-------- DATA SUPPLIED --------

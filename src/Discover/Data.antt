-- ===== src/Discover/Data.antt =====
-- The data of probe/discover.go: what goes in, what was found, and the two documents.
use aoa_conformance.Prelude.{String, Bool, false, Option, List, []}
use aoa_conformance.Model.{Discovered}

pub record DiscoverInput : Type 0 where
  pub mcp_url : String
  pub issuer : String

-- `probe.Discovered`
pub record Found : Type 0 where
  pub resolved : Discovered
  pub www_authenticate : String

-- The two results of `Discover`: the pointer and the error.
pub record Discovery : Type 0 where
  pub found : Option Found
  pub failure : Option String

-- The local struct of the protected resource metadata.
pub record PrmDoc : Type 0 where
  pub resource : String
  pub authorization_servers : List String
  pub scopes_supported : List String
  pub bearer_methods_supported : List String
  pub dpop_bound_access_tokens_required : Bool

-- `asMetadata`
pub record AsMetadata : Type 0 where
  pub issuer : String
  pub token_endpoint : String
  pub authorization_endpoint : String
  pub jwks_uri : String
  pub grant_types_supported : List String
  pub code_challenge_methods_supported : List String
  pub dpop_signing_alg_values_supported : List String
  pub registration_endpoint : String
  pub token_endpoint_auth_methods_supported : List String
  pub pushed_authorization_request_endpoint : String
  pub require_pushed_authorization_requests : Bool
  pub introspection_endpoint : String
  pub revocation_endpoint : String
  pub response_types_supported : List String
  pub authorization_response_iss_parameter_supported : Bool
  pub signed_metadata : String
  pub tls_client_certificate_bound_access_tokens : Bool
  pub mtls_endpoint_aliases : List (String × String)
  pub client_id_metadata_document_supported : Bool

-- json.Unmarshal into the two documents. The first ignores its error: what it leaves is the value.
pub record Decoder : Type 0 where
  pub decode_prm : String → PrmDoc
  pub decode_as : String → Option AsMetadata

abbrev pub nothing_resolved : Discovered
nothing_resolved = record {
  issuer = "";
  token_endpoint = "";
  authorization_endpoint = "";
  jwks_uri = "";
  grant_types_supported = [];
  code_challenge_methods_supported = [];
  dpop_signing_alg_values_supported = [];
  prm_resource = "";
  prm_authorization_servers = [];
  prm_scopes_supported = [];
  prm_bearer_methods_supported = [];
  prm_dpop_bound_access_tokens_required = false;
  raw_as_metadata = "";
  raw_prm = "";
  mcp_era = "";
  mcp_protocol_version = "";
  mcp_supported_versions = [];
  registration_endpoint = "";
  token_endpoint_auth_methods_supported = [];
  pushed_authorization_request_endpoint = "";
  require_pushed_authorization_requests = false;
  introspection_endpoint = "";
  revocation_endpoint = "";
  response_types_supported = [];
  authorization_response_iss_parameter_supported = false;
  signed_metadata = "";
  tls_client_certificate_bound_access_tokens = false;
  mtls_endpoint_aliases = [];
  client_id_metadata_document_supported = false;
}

--------
-------- DATA SUPPLIED --------

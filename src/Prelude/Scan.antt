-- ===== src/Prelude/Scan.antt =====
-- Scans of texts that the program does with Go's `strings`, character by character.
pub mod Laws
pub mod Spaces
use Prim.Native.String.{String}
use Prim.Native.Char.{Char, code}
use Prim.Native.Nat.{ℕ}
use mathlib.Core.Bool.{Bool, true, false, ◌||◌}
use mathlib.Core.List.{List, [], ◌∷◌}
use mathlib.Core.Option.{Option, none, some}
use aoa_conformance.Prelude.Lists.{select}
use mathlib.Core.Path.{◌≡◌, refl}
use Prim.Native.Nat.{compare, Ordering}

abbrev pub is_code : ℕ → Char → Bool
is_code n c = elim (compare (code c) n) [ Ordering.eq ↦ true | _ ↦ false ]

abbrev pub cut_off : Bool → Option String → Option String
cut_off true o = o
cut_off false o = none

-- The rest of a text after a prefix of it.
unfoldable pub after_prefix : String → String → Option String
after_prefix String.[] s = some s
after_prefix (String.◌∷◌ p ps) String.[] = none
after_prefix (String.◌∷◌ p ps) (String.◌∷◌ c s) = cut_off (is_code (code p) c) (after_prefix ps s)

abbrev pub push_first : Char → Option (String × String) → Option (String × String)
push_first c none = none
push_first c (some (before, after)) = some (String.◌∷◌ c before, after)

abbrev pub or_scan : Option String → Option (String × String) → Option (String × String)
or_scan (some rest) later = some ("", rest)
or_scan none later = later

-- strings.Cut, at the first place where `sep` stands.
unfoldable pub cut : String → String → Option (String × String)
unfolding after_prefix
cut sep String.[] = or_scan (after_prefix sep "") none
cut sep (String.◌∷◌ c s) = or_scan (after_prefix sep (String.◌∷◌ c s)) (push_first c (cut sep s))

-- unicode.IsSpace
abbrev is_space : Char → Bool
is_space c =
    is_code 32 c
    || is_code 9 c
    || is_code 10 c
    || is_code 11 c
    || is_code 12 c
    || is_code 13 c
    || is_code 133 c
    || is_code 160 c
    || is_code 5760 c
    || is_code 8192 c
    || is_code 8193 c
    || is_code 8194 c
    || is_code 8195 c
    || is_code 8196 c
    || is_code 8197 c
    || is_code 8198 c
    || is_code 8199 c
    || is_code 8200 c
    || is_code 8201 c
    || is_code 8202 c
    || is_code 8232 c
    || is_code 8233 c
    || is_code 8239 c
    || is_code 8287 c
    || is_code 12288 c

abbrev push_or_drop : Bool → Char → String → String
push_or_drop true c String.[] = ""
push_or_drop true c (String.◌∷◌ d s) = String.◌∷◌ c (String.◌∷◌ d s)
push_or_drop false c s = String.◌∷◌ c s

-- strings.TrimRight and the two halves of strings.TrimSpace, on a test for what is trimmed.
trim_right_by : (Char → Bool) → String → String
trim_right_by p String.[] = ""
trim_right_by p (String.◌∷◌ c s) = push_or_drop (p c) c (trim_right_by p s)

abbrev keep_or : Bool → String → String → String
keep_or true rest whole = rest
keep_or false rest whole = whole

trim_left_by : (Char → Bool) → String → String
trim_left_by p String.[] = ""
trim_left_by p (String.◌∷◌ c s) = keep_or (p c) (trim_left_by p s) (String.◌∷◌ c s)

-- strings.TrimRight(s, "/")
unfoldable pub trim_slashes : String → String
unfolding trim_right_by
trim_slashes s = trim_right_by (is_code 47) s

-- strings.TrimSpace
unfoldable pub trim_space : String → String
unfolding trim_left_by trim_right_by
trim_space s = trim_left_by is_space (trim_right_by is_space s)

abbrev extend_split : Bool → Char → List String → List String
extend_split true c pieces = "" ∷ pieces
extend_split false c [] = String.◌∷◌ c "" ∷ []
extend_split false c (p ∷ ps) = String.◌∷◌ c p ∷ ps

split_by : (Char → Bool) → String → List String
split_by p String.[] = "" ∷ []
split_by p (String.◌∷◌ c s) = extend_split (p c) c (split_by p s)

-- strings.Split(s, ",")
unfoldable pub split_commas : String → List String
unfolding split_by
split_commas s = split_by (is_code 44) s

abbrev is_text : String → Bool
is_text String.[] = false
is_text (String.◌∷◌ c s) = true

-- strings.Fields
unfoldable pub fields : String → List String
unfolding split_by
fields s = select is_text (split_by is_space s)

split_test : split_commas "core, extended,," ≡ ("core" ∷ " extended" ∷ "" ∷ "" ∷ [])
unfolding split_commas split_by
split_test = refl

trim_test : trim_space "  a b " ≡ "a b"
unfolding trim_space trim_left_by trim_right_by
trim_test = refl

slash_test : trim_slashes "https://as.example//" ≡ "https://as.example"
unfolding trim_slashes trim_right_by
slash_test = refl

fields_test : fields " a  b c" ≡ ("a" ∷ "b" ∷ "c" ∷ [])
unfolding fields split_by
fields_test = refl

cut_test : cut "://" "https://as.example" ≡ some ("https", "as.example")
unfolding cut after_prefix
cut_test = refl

--------
-------- DATA SUPPLIED --------

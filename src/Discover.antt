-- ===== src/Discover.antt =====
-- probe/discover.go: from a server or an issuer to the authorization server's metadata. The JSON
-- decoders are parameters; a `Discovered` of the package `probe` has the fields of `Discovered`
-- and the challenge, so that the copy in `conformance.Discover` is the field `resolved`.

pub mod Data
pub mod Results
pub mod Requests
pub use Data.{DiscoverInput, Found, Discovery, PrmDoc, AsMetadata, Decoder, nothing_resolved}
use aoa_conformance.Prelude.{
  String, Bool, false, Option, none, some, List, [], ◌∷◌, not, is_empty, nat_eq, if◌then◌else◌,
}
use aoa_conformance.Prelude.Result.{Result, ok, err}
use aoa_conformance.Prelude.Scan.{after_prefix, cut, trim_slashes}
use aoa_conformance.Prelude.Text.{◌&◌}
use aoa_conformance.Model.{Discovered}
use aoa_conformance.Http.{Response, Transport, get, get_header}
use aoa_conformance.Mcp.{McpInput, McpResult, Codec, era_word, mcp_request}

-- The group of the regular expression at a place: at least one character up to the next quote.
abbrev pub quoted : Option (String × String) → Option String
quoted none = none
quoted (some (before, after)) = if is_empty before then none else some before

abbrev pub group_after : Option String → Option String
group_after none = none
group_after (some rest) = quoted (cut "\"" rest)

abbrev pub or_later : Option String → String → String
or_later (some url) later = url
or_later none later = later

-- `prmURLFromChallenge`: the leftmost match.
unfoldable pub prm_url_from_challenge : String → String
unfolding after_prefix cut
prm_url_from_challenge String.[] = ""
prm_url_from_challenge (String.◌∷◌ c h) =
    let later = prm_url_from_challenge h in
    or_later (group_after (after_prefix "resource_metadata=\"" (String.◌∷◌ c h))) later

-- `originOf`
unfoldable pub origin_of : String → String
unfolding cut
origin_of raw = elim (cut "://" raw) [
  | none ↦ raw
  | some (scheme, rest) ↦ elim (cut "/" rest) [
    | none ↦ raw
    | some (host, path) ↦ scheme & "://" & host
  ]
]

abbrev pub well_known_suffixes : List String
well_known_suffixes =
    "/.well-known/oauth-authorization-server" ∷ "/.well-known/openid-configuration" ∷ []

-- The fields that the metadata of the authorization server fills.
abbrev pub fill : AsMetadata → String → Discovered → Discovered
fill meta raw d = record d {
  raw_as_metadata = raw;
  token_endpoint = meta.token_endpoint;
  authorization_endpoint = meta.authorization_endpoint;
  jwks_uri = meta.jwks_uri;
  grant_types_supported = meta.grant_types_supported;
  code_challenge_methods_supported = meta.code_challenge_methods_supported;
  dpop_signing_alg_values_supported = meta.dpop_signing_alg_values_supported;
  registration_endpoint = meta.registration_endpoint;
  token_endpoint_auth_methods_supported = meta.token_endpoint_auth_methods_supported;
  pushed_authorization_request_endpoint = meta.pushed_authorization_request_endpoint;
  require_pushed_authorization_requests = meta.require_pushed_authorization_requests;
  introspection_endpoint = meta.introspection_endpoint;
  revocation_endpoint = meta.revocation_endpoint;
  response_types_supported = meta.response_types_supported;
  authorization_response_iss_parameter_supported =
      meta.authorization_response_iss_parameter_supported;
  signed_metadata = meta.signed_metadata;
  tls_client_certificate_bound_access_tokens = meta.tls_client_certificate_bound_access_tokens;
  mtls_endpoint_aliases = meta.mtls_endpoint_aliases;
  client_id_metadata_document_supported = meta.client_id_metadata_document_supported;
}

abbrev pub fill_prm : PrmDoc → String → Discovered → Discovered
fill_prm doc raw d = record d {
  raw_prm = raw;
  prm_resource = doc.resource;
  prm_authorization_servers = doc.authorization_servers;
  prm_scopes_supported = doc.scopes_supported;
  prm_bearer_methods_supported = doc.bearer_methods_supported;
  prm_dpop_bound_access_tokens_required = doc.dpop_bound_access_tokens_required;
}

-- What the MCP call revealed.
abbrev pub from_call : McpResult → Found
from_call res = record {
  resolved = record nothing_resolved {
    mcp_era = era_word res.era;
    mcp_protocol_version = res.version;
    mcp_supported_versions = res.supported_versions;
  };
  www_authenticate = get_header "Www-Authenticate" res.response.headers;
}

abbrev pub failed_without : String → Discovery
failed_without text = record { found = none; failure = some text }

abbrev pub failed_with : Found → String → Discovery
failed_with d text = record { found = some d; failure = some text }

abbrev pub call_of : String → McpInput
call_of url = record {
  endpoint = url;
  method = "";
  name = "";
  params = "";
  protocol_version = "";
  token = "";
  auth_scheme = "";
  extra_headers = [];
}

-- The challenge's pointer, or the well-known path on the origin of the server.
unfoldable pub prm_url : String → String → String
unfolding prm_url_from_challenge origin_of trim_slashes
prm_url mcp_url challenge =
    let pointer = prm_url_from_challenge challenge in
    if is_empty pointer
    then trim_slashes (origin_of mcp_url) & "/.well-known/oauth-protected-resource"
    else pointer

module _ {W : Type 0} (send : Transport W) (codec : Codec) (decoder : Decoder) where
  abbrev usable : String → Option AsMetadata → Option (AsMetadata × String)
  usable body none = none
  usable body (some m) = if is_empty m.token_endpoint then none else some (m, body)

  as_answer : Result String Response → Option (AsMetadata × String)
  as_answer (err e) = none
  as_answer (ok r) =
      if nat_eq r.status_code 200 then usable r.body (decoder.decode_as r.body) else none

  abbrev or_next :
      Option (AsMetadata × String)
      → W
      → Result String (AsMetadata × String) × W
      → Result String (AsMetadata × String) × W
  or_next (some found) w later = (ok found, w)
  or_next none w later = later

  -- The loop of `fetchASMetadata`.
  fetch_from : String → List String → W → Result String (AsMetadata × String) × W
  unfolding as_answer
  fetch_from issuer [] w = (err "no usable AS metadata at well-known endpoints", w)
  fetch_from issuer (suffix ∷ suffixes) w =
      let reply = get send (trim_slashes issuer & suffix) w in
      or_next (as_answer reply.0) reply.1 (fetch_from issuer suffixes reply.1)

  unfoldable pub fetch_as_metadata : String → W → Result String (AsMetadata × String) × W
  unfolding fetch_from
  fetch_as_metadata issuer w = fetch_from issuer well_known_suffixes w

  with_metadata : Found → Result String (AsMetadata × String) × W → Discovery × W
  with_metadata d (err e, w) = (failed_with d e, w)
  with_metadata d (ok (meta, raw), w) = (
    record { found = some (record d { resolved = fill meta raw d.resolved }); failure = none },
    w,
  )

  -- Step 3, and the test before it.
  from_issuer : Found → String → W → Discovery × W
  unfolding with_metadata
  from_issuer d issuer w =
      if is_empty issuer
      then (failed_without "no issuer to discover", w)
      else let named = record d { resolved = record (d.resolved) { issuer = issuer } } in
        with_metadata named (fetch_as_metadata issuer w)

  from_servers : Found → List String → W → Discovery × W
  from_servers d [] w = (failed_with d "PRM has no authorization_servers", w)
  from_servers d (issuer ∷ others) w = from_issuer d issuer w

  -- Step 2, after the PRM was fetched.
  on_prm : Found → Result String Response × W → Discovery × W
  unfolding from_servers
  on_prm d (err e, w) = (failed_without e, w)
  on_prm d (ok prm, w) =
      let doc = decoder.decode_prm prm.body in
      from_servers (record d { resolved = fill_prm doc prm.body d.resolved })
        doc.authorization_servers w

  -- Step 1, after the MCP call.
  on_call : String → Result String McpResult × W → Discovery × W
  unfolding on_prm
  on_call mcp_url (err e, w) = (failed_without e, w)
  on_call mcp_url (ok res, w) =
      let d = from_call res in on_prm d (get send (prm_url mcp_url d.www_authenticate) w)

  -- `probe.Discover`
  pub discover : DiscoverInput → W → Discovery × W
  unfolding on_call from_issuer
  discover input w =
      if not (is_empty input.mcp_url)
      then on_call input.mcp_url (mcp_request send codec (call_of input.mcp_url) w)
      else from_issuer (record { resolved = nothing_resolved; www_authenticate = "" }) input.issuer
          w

--------

TO DO
In the entries above, one line contains "trim_space s = trim_left_by" and another contains "split_test = refl". Reproduce exactly those two lines and the lines between them, nothing else.

TASK RESPONSE
trim_space s = trim_left_by is_space (trim_right_by is_space s)

abbrev extend_split : Bool → Char → List String → List String
extend_split true c pieces = "" ∷ pieces
extend_split false c [] = String.◌∷◌ c "" ∷ []
extend_split false c (p ∷ ps) = String.◌∷◌ c p ∷ ps

split_by : (Char → Bool) → String → List String
split_by p String.[] = "" ∷ []
split_by p (String.◌∷◌ c s) = extend_split (p c) c (split_by p s)

-- strings.Split(s, ",")
unfoldable pub split_commas : String → List String
unfolding split_by
split_commas s = split_by (is_code 44) s

abbrev is_text : String → Bool
is_text String.[] = false
is_text (String.◌∷◌ c s) = true

-- strings.Fields
unfoldable pub fields : String → List String
unfolding split_by
fields s = select is_text (split_by is_space s)

split_test : split_commas "core, extended,," ≡ ("core" ∷ " extended" ∷ "" ∷ "" ∷ [])
unfolding split_commas split_by
split_test = refl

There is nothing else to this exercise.